Dave Maass, a researcher at the non-profit digital rights group "Electronic Frontier Foundation" calls the readers "the nosy neighbor on steroids."
"Automated license plate readers are a form of mass surveillance," he said.
Maass said he thinks it's bizarre that an HOA would replace its old cameras with license plate reading cameras if its only intention was to monitor gate damage.
"It could show how often you're coming into the neighborhood and when you're leaving the neighborhood, and who you're visitors are and who they're not, when they're coming and when they're going. What if I don't want people to know my girlfriend was over late at night," he said.
Maass said there's also a potential security risk if this type of data gets into the wrong hands.
"Unless you have very rigorous controls in place to ensure that every time someone searches the system that its actually monitored and audited, you're really opening up the potential for abuse," he explained.

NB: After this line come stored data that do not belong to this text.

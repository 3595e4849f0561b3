-- ===== src/Disk/Lost.antt =====
-- miniraft/persist.cpp: the constructor of TDiskState on files that lost their ends. The code has
-- no validation (`TODO: read all an validate`).
use miniraft_cpp.Prelude.{
  ℕ, ◌-◌, ◌*◌, ◌%◌, ◌^◌, ◌≤◌, ◌<◌, ◌≡◌, refl, ap, sym, ◌∙◌, true, false, inl, inr, List, [], ◌++◌,
  length, drop_last, arith, ltb, ◌||◌, pos, int64, err, null_message, runtime_error,
}
use miniraft_cpp.Prelude.Bytes.{to_bytes, length-to_bytes, from_bytes-to_bytes, append_assoc}
use miniraft_cpp.Messages.{LogEntry}
use miniraft_cpp.State.{State}
use miniraft_cpp.Disk.{Disk, get, get_at, load, reload_term, last_entry_term, read_entry}
use miniraft_cpp.Disk.Fstream.{Stream}
use miniraft_cpp.Disk.Fstream.Blocks.{seek-stream, read-block, read-past}
use miniraft_cpp.Disk.Layout.{
  log_bytes, slots, slots-append_one, length-slots, length-log_bytes, FitsLog-bounds,
}
use miniraft_cpp.Disk.Stores.{Stores, last_split, int64_small}
use miniraft_cpp.Disk.Restart.{restored, load-restored}

module _ (d : Disk) (s : State) (st : Stores d s) (some_entry : 0 < length s.log) where
  fits64 : d.last_log_index * 8 < 2 ^ 64
  fits64 = omega (arith, st.holds.counted, length-log_bytes s.log, st.fits.1)

  -- The files, without their ends, as the constructor takes them.
  opened : (entries index : List ℕ) → Disk
  opened entries index = restored entries index d.last_log_index d.current_term d.voted_for

  load-opened :
      (entries index : List ℕ)
      → load entries index d.state.bytes ≡ reload_term (opened entries index)
  unfolding opened
  load-opened entries index =
      ap (load entries index) (ap Stream.bytes st.state_hold)
      ∙ load-restored entries index d.last_log_index d.current_term d.voted_for
          (omega (arith, fits64)) st.term_fits st.vote_fits

  -- Opening the files of a log that is not empty fails with a null entry when the index file has no
  -- slot for the last one, whatever else is in it.
  pub load-short_index :
      (entries index : List ℕ)
      → length index < length s.log * 8
      → load entries index d.state.bytes ≡ err null_message
  unfolding opened restored reload_term last_entry_term get get_at
  load-short_index entries index short =
      let n = d.last_log_index in
      let counted = st.holds.counted in
      let some_left : ltb 0 n ≡ true = ground (arith, counted) in
      let index_pos : int64 n ≡ pos n = int64_small n fits64 in
      let inside : (ltb n n || ltb n 1) ≡ false = ground (arith, counted) in
      let place : (n - 1) * 8 % 2 ^ 64 ≡ (n - 1) * 8 = omega (arith, fits64) in
      let cut = read-past index ((n - 1) * 8) 8 (omega (arith, counted)) (omega arith) in
      load-opened entries index
      ∙ rw (some_left, index_pos, inside, place, seek-stream ((n - 1) * 8) 0 index, cut) refl

  -- Opening the files of a log that is not empty throws when the entries file ends where the last
  -- entry would start, or before, whatever else is in it.
  pub load-short_entries :
      (entries : List ℕ)
      → length entries ≤ length (log_bytes (drop_last s.log))
      → load entries d.index.bytes d.state.bytes ≡ err runtime_error
  unfolding opened restored reload_term last_entry_term get get_at read_entry
  load-short_entries entries short =
      let n = d.last_log_index in
      let counted = st.holds.counted in
      let some_left : ltb 0 n ≡ true = ground (arith, counted) in
      let index_pos : int64 n ≡ pos n = int64_small n fits64 in
      let inside : (ltb n n || ltb n 1) ≡ false = ground (arith, counted) in
      let place : (n - 1) * 8 % 2 ^ 64 ≡ (n - 1) * 8 = omega (arith, fits64) in
      let index = slots 0 s.log ++ st.holds.index_rest in
      let xs = drop_last s.log in
      let offset = length (log_bytes xs) in
      let file = ap Stream.bytes st.holds.index_hold in
      elim (last_split s.log) [
        | inl nothing ↦ absurd (omega (arith, ap (length {A = LogEntry}) nothing, some_entry))
        | inr r ↦
            let bounds = FitsLog-bounds s.log xs [] r.0 r.1 st.fits in
            let split : index ≡ slots 0 xs ++ (to_bytes 8 offset ++ st.holds.index_rest) =
              ap (λ b. b ++ st.holds.index_rest) (ap (slots 0) r.1 ∙ slots-append_one xs r.0)
              ∙ append_assoc (slots 0 xs) (to_bytes 8 offset) st.holds.index_rest in
            let slot =
              read-block (slots 0 xs) (to_bytes 8 offset) st.holds.index_rest index ((n - 1) * 8) 8
                split (omega (arith, length-slots 0 xs, counted, bounds.1))
                (sym (length-to_bytes 8 offset)) in
            let cut = read-past entries offset 4 (omega (arith, short)) (omega arith) in
            ap (λ b. load entries b d.state.bytes) file
            ∙ load-opened entries index
            ∙ rw
                (
                  some_left,
                  index_pos,
                  inside,
                  place,
                  seek-stream ((n - 1) * 8) 0 index,
                  slot,
                  from_bytes-to_bytes 8 offset bounds.3,
                  seek-stream offset 0 entries,
                  cut,
                )
                refl
      ]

According to the HOA, all data is securely stored with state of the art encryption, and the HOA maintains that it will not track individual's vehicles that enter and exit the property.
Davidson, who has an IT background, said he isn't buying it.
"This isn't about safety and security. It's about privacy and having someone looking over your shoulder like big brother," he said. "It feels like I'm being spied upon."
The company that provided the cameras, Flock, told NBC 5 that all of the footage and data from the cameras is automatically deleted after 30 days.
The company said residents who are uncomfortable with this system can opt out, so that when they drive in, the footage will automatically delete.
Nonetheless, Davidson said he's currently working with other residents to petition the removal of these cameras.